[Provided material — start]
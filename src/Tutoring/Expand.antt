-- ===== src/Tutoring/Expand.antt =====
-- `expand` of src/tutoring.rs: the items, the reviews, the assessments of points, and the whole.
use aprendiendo.Base.{
  ℕ, ◌+◌, String, Bool, true, false, ◌&&◌, ◌||◌, Option, none, some, List, [], ◌∷◌, ◌++◌, map,
  Outcome, ok, ◌>>=◌, ◌>>◌, bail_if, try_fold, ok_or, unwrap_or, is_none, is_some, is_empty, any,
  flat_map, length, ltb,
}
use aprendiendo.Model.Evidence.{RatingSource}
use aprendiendo.Model.Requests.{PracticeItemInput, ReviewInput, RequestedPointAssessmentInput}
use aprendiendo.Model.Production.{TargetOpportunity, VariationAssessment, ProductionEvidence}
use aprendiendo.Model.Session.{RecordPracticeSessionRequest}
use aprendiendo.Tutoring.Requests.{
  TutoringObservationInput, TutoringAttemptInput, TutoringTurnInput, TutoringVariationInput,
  TutoringReviewInput, TutoringTaskAssessment, RecordTutoringSessionRequest,
}
use aprendiendo.Tutoring.Checks.{
  TutoringError, text, optional_text, to_u16, enumerate_from, feedback_for_turn,
}
use aprendiendo.Tutoring.Scan.{
  AttemptMeta, Totals, ObservationSlot, Slots, scan_turn, number_turn, resolve_attempt,
  resolve_observation, find_meta,
}
use aprendiendo.Tutoring.Emit.{Written, emit_turn}

-- `iter().map(f).collect::<Result<Vec<_>, _>>()`
abbrev pub collect :
    {A B : Type 0} → (A → Outcome TutoringError B) → List A → Outcome TutoringError (List B)
collect f [] = ok []
collect f (x ∷ xs) = f x >>= λ y. collect f xs >>= λ ys. ok (y ∷ ys)

-- `production_present`
unfoldable pub production_present : List TutoringTurnInput → List TutoringReviewInput → Bool
production_present turns reviews =
    let attempts = flat_map (λ (t : TutoringTurnInput). t.attempts) turns in
    any (λ (a : TutoringAttemptInput). is_some a.evidence) attempts
    || any (λ (o : TutoringObservationInput). is_some o.assessment)
        (flat_map (λ (a : TutoringAttemptInput). a.observations) attempts)
    || any (λ (r : TutoringReviewInput). is_some r.variation) reviews

-- `if production_present { None } else { feedback_for_turn(turn)? }`
abbrev pub item_feedback : Bool → TutoringTurnInput → Outcome TutoringError (Option String)
item_feedback true turn = ok none
item_feedback false turn = feedback_for_turn turn

-- The value that the loop pushes.
abbrev pub item_of : TutoringTurnInput → ℕ → Option String → PracticeItemInput
item_of turn item_no feedback = record {
  item_no = item_no;
  drill_type = turn.drill_type;
  prompt = turn.prompt;
  response = none;
  corrected_response = none;
  reference_answer = none;
  feedback = feedback;
  outcome = none;
  activity_run_no = none;
  item_phase = none;
  target_weakness_keys = turn.target_weakness_keys;
  observations = [];
}

-- The body of the loop that writes the items.
unfoldable pub emit_item :
    Bool
    → List PracticeItemInput
    → ℕ × TutoringTurnInput
    → Outcome TutoringError (List PracticeItemInput)
emit_item production items (turn_index, turn) = do
  item_no ← to_u16 (turn_index + 1)
  feedback ← item_feedback production turn
  ok (items ++ item_of turn item_no feedback ∷ [])

-- `if production_present { if let Some(variation) = … }`
unfoldable pub emit_variation :
    Bool
    → List TutoringTurnInput
    → List ObservationSlot
    → String
    → Option TutoringVariationInput
    → Outcome TutoringError (List VariationAssessment)
emit_variation true turns slots target (some variation) = do
  bail_if (is_empty variation.observation_refs) TutoringError.empty_variation
  numbers ← collect (λ r. resolve_observation r turns slots) variation.observation_refs
  text variation.rationale 2000
  ok (
      record { weakness_key = target; observation_nos = numbers; rationale = variation.rationale }
      ∷ [])
emit_variation _ turns slots target _ = ok []

-- The value that the loop over the reviews pushes.
abbrev pub review_of : TutoringReviewInput → List ℕ → ReviewInput
review_of r numbers = record {
  weakness_key = r.target;
  rating = r.rating;
  retrieval_mode = r.retrieval_mode;
  evidence_strength = r.evidence_strength;
  evidence_observation_nos = numbers;
  rating_rationale = r.rating_rationale;
  rating_source = unwrap_or r.rating_source RatingSource.assistant_suggested;
  evidence = r.evidence;
}

-- The body of the loop over the reviews.
unfoldable pub emit_review :
    Bool
    → List TutoringTurnInput
    → List ObservationSlot
    → List ReviewInput × List VariationAssessment
    → TutoringReviewInput
    → Outcome TutoringError (List ReviewInput × List VariationAssessment)
unfolding emit_variation
emit_review production turns slots (written, variations) r = do
  text r.target 160
  numbers ← collect (λ o. resolve_observation o turns slots) r.observation_refs
  variation ← emit_variation production turns slots r.target r.variation
  ok (written ++ review_of r numbers ∷ [], variations ++ variation)

abbrev pub opportunities_of : TutoringTurnInput → List TargetOpportunity
opportunities_of turn = elim turn.communicative_function [
  | none ↦ []
  | some function ↦
      map (λ key. record { weakness_key = key; communicative_function = function })
        turn.target_weakness_keys
]

-- The value of `production_evidence`.
unfoldable pub evidence_envelope :
    Bool
    → RecordTutoringSessionRequest
    → Written
    → List VariationAssessment
    → Outcome TutoringError (Option ProductionEvidence)
evidence_envelope false request w variations = ok none
evidence_envelope true request w variations = do
  version ← ok_or request.policy_version TutoringError.policy_version_required
  ok (
      some (record {
        policy_version = version;
        session_overrides = request.session_overrides;
        target_opportunities = flat_map opportunities_of request.turns;
        attempts = w.evidence;
        observations = w.observations;
        interventions = w.interventions;
        variation_assessments = variations;
      }))

-- The body of the loop over `task_assessments`.
unfoldable pub emit_assessment :
    List TutoringTurnInput
    → List AttemptMeta
    → TutoringTaskAssessment
    → Outcome TutoringError RequestedPointAssessmentInput
emit_assessment turns metas a = do
  key ← resolve_attempt a.attempt turns
  meta ← ok_or (find_meta key metas) TutoringError.missing_key
  ok (record {
    attempt_no = AttemptMeta.attempt_no meta;
    point_key = a.point_key;
    status = a.status;
    supporting_excerpt = a.supporting_excerpt;
    reason = a.reason;
    evaluator = a.evaluator;
    rubric_version = a.rubric_version;
    assessed_at = none;
    retrospective = false;
  })

-- The tests before the first loop.
unfoldable pub check_request : RecordTutoringSessionRequest → Outcome TutoringError (Unit {0})
check_request request = do
  text request.idempotency_key 128
  optional_text request.session_date 10
  optional_text request.reviewed_at 128
  optional_text request.task_ref 160
  optional_text request.topic 500
  optional_text request.notes 4000
  bail_if (ltb 100 (length request.turns)) TutoringError.too_many
  bail_if (ltb 100 (length request.new_weaknesses)) TutoringError.too_many
  bail_if (ltb 100 (length request.reviews)) TutoringError.too_many

abbrev pub no_totals : Totals
no_totals = record {
  metas = [];
  attempt_no = 0;
  observations_total = 0;
  findings_total = 0;
  interventions_total = 0;
}

abbrev pub no_slots : Slots
no_slots = record { entries = []; next = 0 }

abbrev pub nothing_written : Written
nothing_written = record {
  attempts = [];
  findings = [];
  evidence = [];
  observations = [];
  interventions = [];
  intervention_no = 0;
}

unfoldable pub expand :
    RecordTutoringSessionRequest → Outcome TutoringError RecordPracticeSessionRequest
unfolding check_request
expand request =
    let turns = enumerate_from 0 request.turns in
    let production = production_present request.turns request.reviews in
    do
      check_request request
      totals ← try_fold (scan_turn request.turns) no_totals turns
      slots ← try_fold number_turn no_slots turns
      bail_if (production && is_none request.policy_version) TutoringError.policy_version_required
      items ← try_fold (emit_item production) [] turns
      written ← try_fold (emit_turn production totals.metas slots.entries) nothing_written turns
      (reviews, variations) ←
          try_fold (emit_review production request.turns slots.entries) ([], []) request.reviews
      evidence ← evidence_envelope production request written variations
      points ← collect (emit_assessment request.turns totals.metas) request.task_assessments
      ok (record {
        production_evidence = evidence;
        idempotency_key = request.idempotency_key;
        session_date = request.session_date;
        reviewed_at = request.reviewed_at;
        task_ref = request.task_ref;
        exercise_type_key = request.exercise_type_key;
        topic = request.topic;
        notes = request.notes;
        new_weaknesses = request.new_weaknesses;
        items = items;
        attempts = written.attempts;
        observations = [];
        findings = written.findings;
        reviews = reviews;
        activity_runs = [];
        task_requirements = request.task_requirements;
        requested_point_assessments = points;
      })
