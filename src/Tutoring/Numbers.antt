-- ===== src/Tutoring/Numbers.antt =====
-- The numbers that the first loop of `expand` gives to the attempts, found by their indices.
use aprendiendo.Base.{
  ℕ, ◌+◌, Option, none, some, List, [], ◌∷◌, ◌++◌, ◌≡◌, ok, bail_if, for_each, try_fold, >>=-eq-ok,
  or_else, length, ltb, if◌then◌else◌, arith,
}
use aprendiendo.Tutoring.Requests.{TutoringAttemptInput, TutoringTurnInput}
use aprendiendo.Tutoring.Checks.{TutoringError, text, optional_text, to_u16, enumerate_from}
use aprendiendo.Tutoring.Scan.{
  AttemptMeta, Totals, find_meta, same_key, scan_attempt, scan_turn, check_attempt_input,
  original_of,
}

-- The numbers of item and attempt that a map entry holds.
abbrev pub numbers_of : Option AttemptMeta → Option (ℕ × ℕ)
numbers_of none = none
numbers_of (some m) = some (m.item_no, m.attempt_no)

-- The same by counting: from the attempt `ai` of the turn `ti` on, after `n` earlier attempts.
abbrev pub count_attempts : ℕ × ℕ → ℕ → ℕ → ℕ → List TutoringAttemptInput → Option (ℕ × ℕ)
count_attempts k ti ai n [] = none
count_attempts k ti ai n (a ∷ rest) =
    let later = count_attempts k ti (ai + 1) (n + 1) rest in
    if same_key (ti, ai) k then some (ti + 1, n + 1) else later

abbrev pub count_turns : ℕ × ℕ → ℕ → ℕ → List TutoringTurnInput → Option (ℕ × ℕ)
count_turns k ti n [] = none
count_turns k ti n (turn ∷ turns) =
    or_else (count_attempts k ti 0 n turn.attempts)
      (count_turns k (ti + 1) (n + length turn.attempts) turns)

find-append :
    (k : ℕ × ℕ) (ms : List AttemptMeta) (m : AttemptMeta)
    → find_meta k (ms ++ m ∷ [])
      ≡ or_else (find_meta k ms) (if same_key m.key k then some m else none)
find-append k [] m = ground arith
find-append k (l ∷ ms) m = ground (arith, find-append k ms m)

scan_attempt-ok :
    (turns : List TutoringTurnInput) (ti item : ℕ) (s : Totals) (ai : ℕ) (a : TutoringAttemptInput)
    {out : Totals}
    → scan_attempt turns ti item s (ai, a) ≡ ok out
    → (out.attempt_no ≡ s.attempt_no + 1)
      × ((k : ℕ × ℕ)
          → numbers_of (find_meta k out.metas)
            ≡ or_else
                (numbers_of (find_meta k s.metas))
                (if same_key (ti, ai) k then some (item, s.attempt_no + 1) else none))
unfolding scan_attempt
scan_attempt-ok turns ti item s ai a {out} h =
    let (n, first, h1) = >>=-eq-ok (to_u16 (s.attempt_no + 1)) _ h in
    let (_, few, h2) = >>=-eq-ok (bail_if (ltb 100 n) TutoringError.too_many) _ h1 in
    let (f, checked, h3) = >>=-eq-ok (check_attempt_input s a) _ h2 in
    let (o, resolved, last) = >>=-eq-ok (original_of a.evidence turns) _ h3 in
    let m : AttemptMeta = record { key = (ti, ai); item_no = item; attempt_no = n; original = o } in
    let number : n ≡ s.attempt_no + 1 = ground (arith, first) in
    let metas : out.metas ≡ s.metas ++ m ∷ [] = ground (arith, last) in
    (
      ground (arith, number, last),
      λ k. rw metas (rw (find-append k s.metas m) (ground (arith, number))),
    )

scan_attempts-ok :
    (turns : List TutoringTurnInput) (ti : ℕ) (s : Totals) (ai : ℕ)
    (as' : List TutoringAttemptInput) {out : Totals}
    → try_fold (scan_attempt turns ti (ti + 1)) s (enumerate_from ai as') ≡ ok out
    → (out.attempt_no ≡ s.attempt_no + length as')
      × ((k : ℕ × ℕ)
          → numbers_of (find_meta k out.metas)
            ≡ or_else (numbers_of (find_meta k s.metas)) (count_attempts k ti ai s.attempt_no as'))
scan_attempts-ok turns ti s ai [] h = (ground arith, λ k. ground arith)
scan_attempts-ok turns ti s ai (a ∷ rest) {out} h =
    let (u, first, later) = >>=-eq-ok (scan_attempt turns ti (ti + 1) s (ai, a)) _ h in
    let (n, found) = scan_attempt-ok turns ti (ti + 1) s ai a first in
    let (n', found') = scan_attempts-ok turns ti u (ai + 1) rest later in
    (ground (arith, n, n'), λ k. ground (arith, n, found k, found' k))

-- The first loop finds each attempt where counting does.
pub scan_turns-ok :
    (all_turns : List TutoringTurnInput) (s : Totals) (ti : ℕ) (turns : List TutoringTurnInput)
    {out : Totals}
    → try_fold (scan_turn all_turns) s (enumerate_from ti turns) ≡ ok out
    → (k : ℕ × ℕ)
    → numbers_of (find_meta k out.metas)
      ≡ or_else (numbers_of (find_meta k s.metas)) (count_turns k ti s.attempt_no turns)
unfolding scan_turn
scan_turns-ok all_turns s ti [] h k = ground arith
scan_turns-ok all_turns s ti (turn ∷ turns) {out} h k =
    let (u, first, later) = >>=-eq-ok (scan_turn all_turns s (ti, turn)) _ h in
    let (item, numbered, h1) = >>=-eq-ok (to_u16 (ti + 1)) _ first in
    let (_, _, h2) = >>=-eq-ok (text turn.prompt 4000) _ h1 in
    let (_, _, h3) =
      >>=-eq-ok (bail_if (ltb 20 (length turn.target_weakness_keys)) TutoringError.too_many) _ h2 in
    let (_, _, h4) = >>=-eq-ok (for_each (λ key. text key 160) turn.target_weakness_keys) _ h3 in
    let (_, _, h5) = >>=-eq-ok (optional_text turn.communicative_function 1000) _ h4 in
    let (_, _, h6) =
      >>=-eq-ok (bail_if (ltb 20 (length turn.attempts)) TutoringError.too_many) _ h5 in
    let same : item ≡ ti + 1 = ground (arith, numbered) in
    let (n, found) = scan_attempts-ok all_turns ti s 0 turn.attempts (rw same at h6) in
    let rest = scan_turns-ok all_turns u (ti + 1) turns later k in ground (arith, n, found k, rest)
[Provided material — finish]
Check each line of the entries, and copy the ones that contain "TargetOpportunity".

use aprendiendo.Model.Production.{TargetOpportunity, VariationAssessment, ProductionEvidence}
abbrev pub opportunities_of : TutoringTurnInput → List TargetOpportunity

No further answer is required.